Riki Wiremu Ngamoki when he appeared at trial for the murder of Blake Lee. Photo / File
A young prisoner guilty of a brutal jailhouse attack, but acquitted of murder, has failed in his attempt to have his "crushing" sentence reduced.
However, Riki Wiremu Ngamoki is currently eligible for parole and due to go before the Parole Board in October.
Ngamoki, 22, was cleared of the murder of Blake Lee, which occurred at Paremoremo Prison on March 5, 2020, but admitted intentionally injuring another man during the same clash.
A few months later, he assaulted a Corrections officer, which he also admitted.
At the time of the jailhouse attacks, Ngamoki, a Killer Beez gang associate, was serving a prison sentence of six years and three months for serious offending committed when he was 16.

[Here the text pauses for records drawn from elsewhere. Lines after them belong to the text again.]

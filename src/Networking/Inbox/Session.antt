-- ===== src/Networking/Inbox/Session.antt =====
-- A session of deposits and reads on one socket, against a byte queue.
use aevros.Base.{
  ℕ, ◌+◌, ◌^◌, ◌<◌, ◌≡◌, refl, Bool, true, ◌&&◌, List, [], ◌∷◌, ◌++◌, arith, leb, if◌then◌else◌,
  length, take, drop, All,
}
use aevros.Networking.LockBox.{LockBox, max_buffered, in_use_at}
use aevros.Networking.Inbox.{Slot, deposit, read}
use aevros.Networking.Inbox.Counts.{Agrees, waiting}
use aevros.Networking.Inbox.Stream.{waiting-deposit, waiting-read, in_use-deposit, in_use-read}

pub data Op : Type 0 where
  puts : List ℕ → Op
  gets : ℕ → Op

-- A payload's length is a `uint16_t`.
abbrev pub IsShort : Op → Type 0
IsShort (puts payload) = length payload < 2 ^ 16
IsShort (gets n) = Unit

-- Whether a deposit was taken, and the bytes that a read gave.
abbrev pub Reply : Type 0
Reply = Bool × List ℕ

unfoldable pub run : ℕ → List Op → LockBox → List Slot → List Reply
run id [] lb boxes = []
run id (puts payload ∷ ops) lb boxes =
    let (done, lb', boxes') = deposit id payload lb boxes in (done, []) ∷ run id ops lb' boxes'
run id (gets n ∷ ops) lb boxes =
    let (out, lb', boxes') = read id n lb boxes in (true, out) ∷ run id ops lb' boxes'

-- A queue of at most 4096 bytes that takes a payload whole or not at all; one that is closed
-- takes none and can still be read.
unfoldable pub queue_run : Bool → List ℕ → List Op → List Reply
queue_run opened q [] = []
queue_run opened q (puts payload ∷ ops) =
    let taken = opened && leb (length q + length payload) max_buffered in
    (taken, []) ∷ queue_run opened (if taken then q ++ payload else q) ops
queue_run opened q (gets n ∷ ops) = (true, take n q) ∷ queue_run opened (drop n q) ops

-- Where the inbox and the lock box agree on a socket (it is in range, its buffer is a ring, and both
-- count the same bytes), no session of deposits and reads tells its inbox from a byte queue of at most
-- 4096 bytes.
pub run-refines :
    (id : ℕ) (ops : List Op) (lb : LockBox) (boxes : List Slot)
    → Agrees id lb boxes
    → All IsShort ops
    → run id ops lb boxes ≡ queue_run (in_use_at id lb) (waiting id lb boxes) ops
unfolding run queue_run
run-refines id [] lb boxes a short = refl
run-refines id (puts payload ∷ ops) lb boxes a (one, rest) =
    let (done, queue, agrees) = waiting-deposit id lb boxes a payload one in
    let (_, lb', boxes') = deposit id payload lb boxes in
    let ih = run-refines id ops lb' boxes' agrees rest in
    ground (arith, done, queue, ih, in_use-deposit id lb boxes a payload)
run-refines id (gets n ∷ ops) lb boxes a (one, rest) =
    let (out, queue, agrees) = waiting-read id lb boxes a n in
    let (_, lb', boxes') = read id n lb boxes in
    let ih = run-refines id ops lb' boxes' agrees rest in
    ground (arith, out, queue, ih, in_use-read id lb boxes a n)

He was sentenced in October last year to an additional 23 months' jail for the prison offences.
His lawyer, Anoushka Bloem, has since argued in the Court of Appeal the overall sentence of eight years and two months' imprisonment was excessive to the point of being "crushing".

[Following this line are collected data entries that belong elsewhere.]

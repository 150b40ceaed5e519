-- ===== src/Networking/Inbox/Kept.antt =====
-- Deposits, reads, questions and releases keep the agreement of the inbox and the lock box.
use native.Mathlib.Decide.{ℕ_discrete}
use aevros.Base.{
  ℕ, suc, ◌^◌, ◌<◌, ◌≡◌, refl, sym, subst, ap, ◌∙◌, ◌⊎◌, inl, inr, false, List, arith, Bool-cases,
  length, length-update_at, get_or-update_self, get_or-update_ne, get_elem?-update_self,
  get_elem?-update_ne, update_at, leb,
}
use aevros.Networking.LockBox
use aevros.Networking.LockBox.{
  LockBox, Entry, capacity, max_per_ip, max_buffered, is_free, claim, take_slot, get_generation,
  buffered_at, in_use_at, find_connection, count_for_ip,
}
use aevros.Networking.Inbox.{Slot, slot_at, blank, reset_if_stale, deposit, read, available}
use aevros.Networking.Inbox.Buffer.{IsRing}
use aevros.Networking.Inbox.Counts.{reset_current, reset-reset}
use aevros.Networking.Inbox.Stream.{waiting-deposit, waiting-read}
use aevros.Networking.Inbox.Frame.{
  Same, deposit-Same, read-Same, deposit-seen, read-seen, deposit-generation, read-generation,
  deposit-Sized, read-Sized,
}
use aevros.Networking.Inbox.Tidy.{
  releases, deposits, reads, asks, State, step, Tidy, TidyAt, IsTidy, Tidy-more, Tidy-Same,
  Tidy-Agrees, Agrees-Tidy,
}

pub deposit-IsTidy :
    (k i : ℕ) (payload : List ℕ) (s : State)
    → length payload < 2 ^ 16
    → IsTidy k s
    → IsTidy (suc k) (step s (deposits i payload))
unfolding step
deposit-IsTidy k i payload s short t = record {
  sized = deposit-Sized i payload s.box s.boxes t.sized;
  each = λ id low. elim (ℕ_discrete i id) [
    | no ne ↦
        Tidy-Same k id s.box _ s.boxes _ (deposit-Same i id payload s.box s.boxes ne)
          (t.each id low)
    | yes e ↦
        let low' : i < capacity = omega (arith, e, low) in
        let here = t.each i low' in
        let (_, _, agrees) =
          waiting-deposit i s.box s.boxes (Tidy-Agrees k i s.box s.boxes low' t.sized here) payload
            short in
        subst
          (TidyAt (suc k) (deposit i payload s.box s.boxes).1 (deposit i payload s.box s.boxes).2) e
          (Agrees-Tidy k (get_generation i s.box) i _ _ agrees
            (deposit-generation i i payload s.box s.boxes)
            (deposit-seen i s.box s.boxes low' t.sized.slots payload) here.young)
  ];
}

pub read-IsTidy : (k i n : ℕ) (s : State) → IsTidy k s → IsTidy (suc k) (step s (reads i n))
unfolding step
read-IsTidy k i n s t = record {
  sized = read-Sized i n s.box s.boxes t.sized;
  each = λ id low. elim (ℕ_discrete i id) [
    | no ne ↦ Tidy-Same k id s.box _ s.boxes _ (read-Same i id n s.box s.boxes ne) (t.each id low)
    | yes e ↦
        let low' : i < capacity = omega (arith, e, low) in
        let here = t.each i low' in
        let (_, _, agrees) =
          waiting-read i s.box s.boxes (Tidy-Agrees k i s.box s.boxes low' t.sized here) n in
        subst (TidyAt (suc k) (read i n s.box s.boxes).1 (read i n s.box s.boxes).2) e (
          Agrees-Tidy k (get_generation i s.box) i _ _ agrees (read-generation i i n s.box s.boxes)
            (read-seen i s.box s.boxes low' t.sized.slots n) here.young)
  ];
}

Tidy-reset : (k b g : ℕ) (x : Slot) → Tidy k b g x → Tidy (suc k) b g (reset_if_stale g x)
Tidy-reset k b g x t =
    let now = reset_current g (reset_if_stale g x) (reset-reset g x) in
    record {
      ring = subst IsRing (sym now) t.ring;
      counted = ap (λ (y : Slot). y.count) now ∙ t.counted;
      seen = omega (arith, reset-reset g x);
      young = omega (arith, t.young);
    }

asks-boxes :
    (i n : ℕ) (s : State)
    → (step s (asks i n) ≡ s)
      ⊎ (step s (asks i n)
          ≡ record s { boxes = update_at i (reset_if_stale (get_generation i s.box)) s.boxes })
unfolding step available
asks-boxes i n s = elim (Bool-cases (leb capacity i)) [
  | inl far ↦ inl (ground (arith, far))
  | inr low ↦ inr (ground (arith, low))
]

IsTidy-more : (k : ℕ) (s : State) → IsTidy k s → IsTidy (suc k) s
IsTidy-more k s t = record {
  sized = t.sized;
  each = λ id low.
      Tidy-more k (buffered_at id s.box) (get_generation id s.box) (slot_at id s.boxes)
        (t.each id low);
}

pub asks-IsTidy : (k i n : ℕ) (s : State) → IsTidy k s → IsTidy (suc k) (step s (asks i n))
asks-IsTidy k i n s t = elim (asks-boxes i n s) [
  | inl same ↦ subst (IsTidy (suc k)) (sym same) (IsTidy-more k s t)
  | inr e ↦
      let reset = reset_if_stale (get_generation i s.box) in
      subst (IsTidy (suc k)) (sym e) (record {
        sized = record {
          table = t.sized.table;
          gens = t.sized.gens;
          slots = length-update_at i reset s.boxes ∙ t.sized.slots;
        };
        each = λ id low. elim (ℕ_discrete i id) [
          | no ne ↦
              subst (Tidy (suc k) (buffered_at id s.box) (get_generation id s.box))
                (sym (get_or-update_ne i id reset s.boxes blank ne))
                (Tidy-more k _ _ _ (t.each id low))
          | yes here ↦
              let low' : i < length s.boxes = omega (arith, here, low, t.sized.slots) in
              let low'' : i < capacity = omega (arith, here, low) in
              subst (TidyAt (suc k) s.box (update_at i reset s.boxes)) here (
                subst (Tidy (suc k) (buffered_at i s.box) (get_generation i s.box))
                  (sym (get_or-update_self i reset s.boxes blank low'))
                  (Tidy-reset k _ _ _ (t.each i low'')))
        ];
      })
]

release-Same :
    (i id : ℕ) (s : State)
    → Same id s.box (step s (releases i)).box s.boxes (step s (releases i)).boxes
unfolding step LockBox.release get_generation
release-Same i id s =
    let f : Entry → Entry = λ e. record e { in_use = false } in
    record {
      buffered = elim (ℕ_discrete i id) [
        | no ne ↦ ground (arith, get_elem?-update_ne i id f s.box.table ne)
        | yes e ↦
            subst (λ j. buffered_at j (LockBox.release i s.box) ≡ buffered_at j s.box) e
              (ground (arith, get_elem?-update_self i f s.box.table))
      ];
      generation = ground arith;
      slot = refl;
    }

pub release-IsTidy : (k i : ℕ) (s : State) → IsTidy k s → IsTidy (suc k) (step s (releases i))
unfolding step LockBox.release
release-IsTidy k i s t =
    let rows = length-update_at i (λ (e : Entry). record e { in_use = false }) s.box.table in
    record {
      sized = record {
        table = ground (arith, t.sized.table, rows);
        gens = ground (arith, t.sized.gens);
        slots = t.sized.slots;
      };
      each = λ id low. Tidy-Same k id s.box _ s.boxes _ (release-Same i id s) (t.each id low);
    }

The judge was wrong not to reduce the sentence to reflect the principle of totality, she said.
Bloem made the point such a sentence would have no real deterrence value and be counterproductive to Ngamoki's prospects of rehabilitation and reintegration.
And while the panel of three Court of Appeal judges agreed, they could find no error in the judge's sentence and dismissed the appeal.
"In this case, we must consider whether the resulting eight-year-and-two-months' sentence was out of all proportion to the gravity of Mr Ngamoki's offending," the decision, released this week, said.
It included three charges of kidnapping, four charges of aggravated robbery and other violence offences, and then the subsequent prison offending.
"This is serious offending and, looked at in its totality, we consider the addition of a further 23 months for the two offences committed in prison is not disproportionate to the gravity of the offending."
A 12-month totality adjustment, as advocated by Bloem, would be contrary to the accepted principle violent offending committed while in prison should attract a stern response, the decision said.
Ngamoki has nearly completed his initial sentence and remains eligible for parole, even with the additional 23 months.
"This is not a case where his release date or potential release date is extended so far into the future by the additional sentence that the penalty could be seen to be disproportionate to the gravity of Mr Ngamoki's serious, violent offending."
Ngamoki, Lopeti Telefoni and Paul Tuliloa defended murder charges in a three-week trial in June last year.
CCTV footage of the attack on Lee inside the prison's exercise yard showed Telefoni deliver a single punch to Lee, who as a result fell to the ground.
A fourth prisoner, Siuaki Lisiate, then repeatedly stomped on Lee's head and stabbed him 37 times with a shank. Lisiate admitted his part in the killing before the trial.
Ngamoki, Telefoni and Tuliloa then set upon Lee's friend, Cesar Su'a, knocking him to the ground and repeatedly kicking him in.
Ngamoki and Tuliloa were found not guilty of murder or manslaughter, while Telefoni was found guilty of manslaughter.
Six months after the attack on Su'a, Ngamoki punched a Corrections officer in the head as he was being escorted to his cell. It took six officers to gain control of him.